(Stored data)
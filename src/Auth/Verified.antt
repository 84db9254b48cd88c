-- ===== src/Auth/Verified.antt =====
-- What claims that `_verify_token` of app/bl/services/auth.py accepts have been through.
use network_gateway_api.Prelude.{ℕ, ◌≡◌, Bool, true, Option, some, [], ◌∷◌, String, ok}
use network_gateway_api.Prelude.Int.{Float}
use network_gateway_api.Value.{Value, Fields, str, dict, get_value}
use network_gateway_api.Text.Split.{split, is_dot}
use network_gateway_api.Auth.Settings.{AuthSettings}
use network_gateway_api.Auth.Signed.{Codec, json_segment}
use network_gateway_api.Auth.Keys.{Cache, discovery, jwks}
use network_gateway_api.Auth.Claims.{claims_hold}
use network_gateway_api.Auth.Token.{keys_of}
use network_gateway_api.Auth.Accepted.{In, HasClaims}

module _ (codec : Codec) (fetch : String → Option Value)
    (signature_ok : Fields → (header claims signature : String) → Bool) (settings : AuthSettings)
    (clock : ℕ) (now : Float) where
  -- The tenant's discovery document names the key set, and that lists an RSA key of this id.
  pub record IsKnownKey (cache : Cache) (kid : String) (key : Fields) : Type 0 where
    pub document : Fields
    pub discovered : (discovery fetch clock settings.tenant_id cache).0 ≡ ok document
    pub uri : String
    pub located : get_value "jwks_uri" document ≡ str uri
    pub set : Fields
    pub fetched :
        (jwks fetch clock uri (discovery fetch clock settings.tenant_id cache).1).0 ≡ ok set
    pub listed : In (dict key) (keys_of (get_value "keys" set))
    pub same_id : get_value "kid" key ≡ str kid
    pub rsa : get_value "kty" key ≡ str "RSA"

  -- What holds of claims that were accepted.
  pub record IsVerified (token audience : String) (nonce : Option String) (cache : Cache)
      (claims : Fields) : Type 0 where
    pub header : String
    pub payload : String
    pub signature : String
    pub parts : split is_dot token ≡ header ∷ payload ∷ signature ∷ []
    pub header_fields : Fields
    pub read_header : json_segment codec header ≡ some header_fields
    pub algorithm : get_value "alg" header_fields ≡ str "RS256"
    pub kid : String
    pub names_key : get_value "kid" header_fields ≡ str kid
    pub key : Fields
    pub known : IsKnownKey cache kid key
    pub signed : signature_ok key header payload signature ≡ true
    pub read : json_segment codec payload ≡ some claims
    pub tenant : String
    pub configured : settings.tenant_id ≡ some tenant
    pub hold : HasClaims tenant audience nonce now claims

  -- The signature was checked, and the claims come from the part that it covers.
  record Checked (audience : String) (nonce : Option String) (header payload signature : String)
      (key : Fields) (claims : Fields) : Type 0 where
    signed : signature_ok key header payload signature ≡ true
    read : json_segment codec payload ≡ some claims
    hold : claims_hold settings audience nonce now claims ≡ true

[What is expected]: All the lines above should come back exactly as written.

[Answer to the problem]:
filename src/Auth/Verified.antt
repository 84db9254b48cd88c
-- ===== src/Auth/Verified.antt =====
-- What claims that `_verify_token` of app/bl/services/auth.py accepts have been through.
use network_gateway_api.Prelude.{ℕ, ◌≡◌, Bool, true, Option, some, [], ◌∷◌, String, ok}
use network_gateway_api.Prelude.Int.{Float}
use network_gateway_api.Value.{Value, Fields, str, dict, get_value}
use network_gateway_api.Text.Split.{split, is_dot}
use network_gateway_api.Auth.Settings.{AuthSettings}
use network_gateway_api.Auth.Signed.{Codec, json_segment}
use network_gateway_api.Auth.Keys.{Cache, discovery, jwks}
use network_gateway_api.Auth.Claims.{claims_hold}
use network_gateway_api.Auth.Token.{keys_of}
use network_gateway_api.Auth.Accepted.{In, HasClaims}

module _ (codec : Codec) (fetch : String → Option Value)
    (signature_ok : Fields → (header claims signature : String) → Bool) (settings : AuthSettings)
    (clock : ℕ) (now : Float) where
  -- The tenant's discovery document names the key set, and that lists an RSA key of this id.
  pub record IsKnownKey (cache : Cache) (kid : String) (key : Fields) : Type 0 where
    pub document : Fields
    pub discovered : (discovery fetch clock settings.tenant_id cache).0 ≡ ok document
    pub uri : String
    pub located : get_value "jwks_uri" document ≡ str uri
    pub set : Fields
    pub fetched :
        (jwks fetch clock uri (discovery fetch clock settings.tenant_id cache).1).0 ≡ ok set
    pub listed : In (dict key) (keys_of (get_value "keys" set))
    pub same_id : get_value "kid" key ≡ str kid
    pub rsa : get_value "kty" key ≡ str "RSA"

  -- What holds of claims that were accepted.
  pub record IsVerified (token audience : String) (nonce : Option String) (cache : Cache)
      (claims : Fields) : Type 0 where
    pub header : String
    pub payload : String
    pub signature : String
    pub parts : split is_dot token ≡ header ∷ payload ∷ signature ∷ []
    pub header_fields : Fields
    pub read_header : json_segment codec header ≡ some header_fields
    pub algorithm : get_value "alg" header_fields ≡ str "RS256"
    pub kid : String
    pub names_key : get_value "kid" header_fields ≡ str kid
    pub key : Fields
    pub known : IsKnownKey cache kid key
    pub signed : signature_ok key header payload signature ≡ true
    pub read : json_segment codec payload ≡ some claims
    pub tenant : String
    pub configured : settings.tenant_id ≡ some tenant
    pub hold : HasClaims tenant audience nonce now claims

  -- The signature was checked, and the claims come from the part that it covers.
  record Checked (audience : String) (nonce : Option String) (header payload signature : String)
      (key : Fields) (claims : Fields) : Type 0 where
    signed : signature_ok key header payload signature ≡ true
    read : json_segment codec payload ≡ some claims
    hold : claims_hold settings audience nonce now claims ≡ true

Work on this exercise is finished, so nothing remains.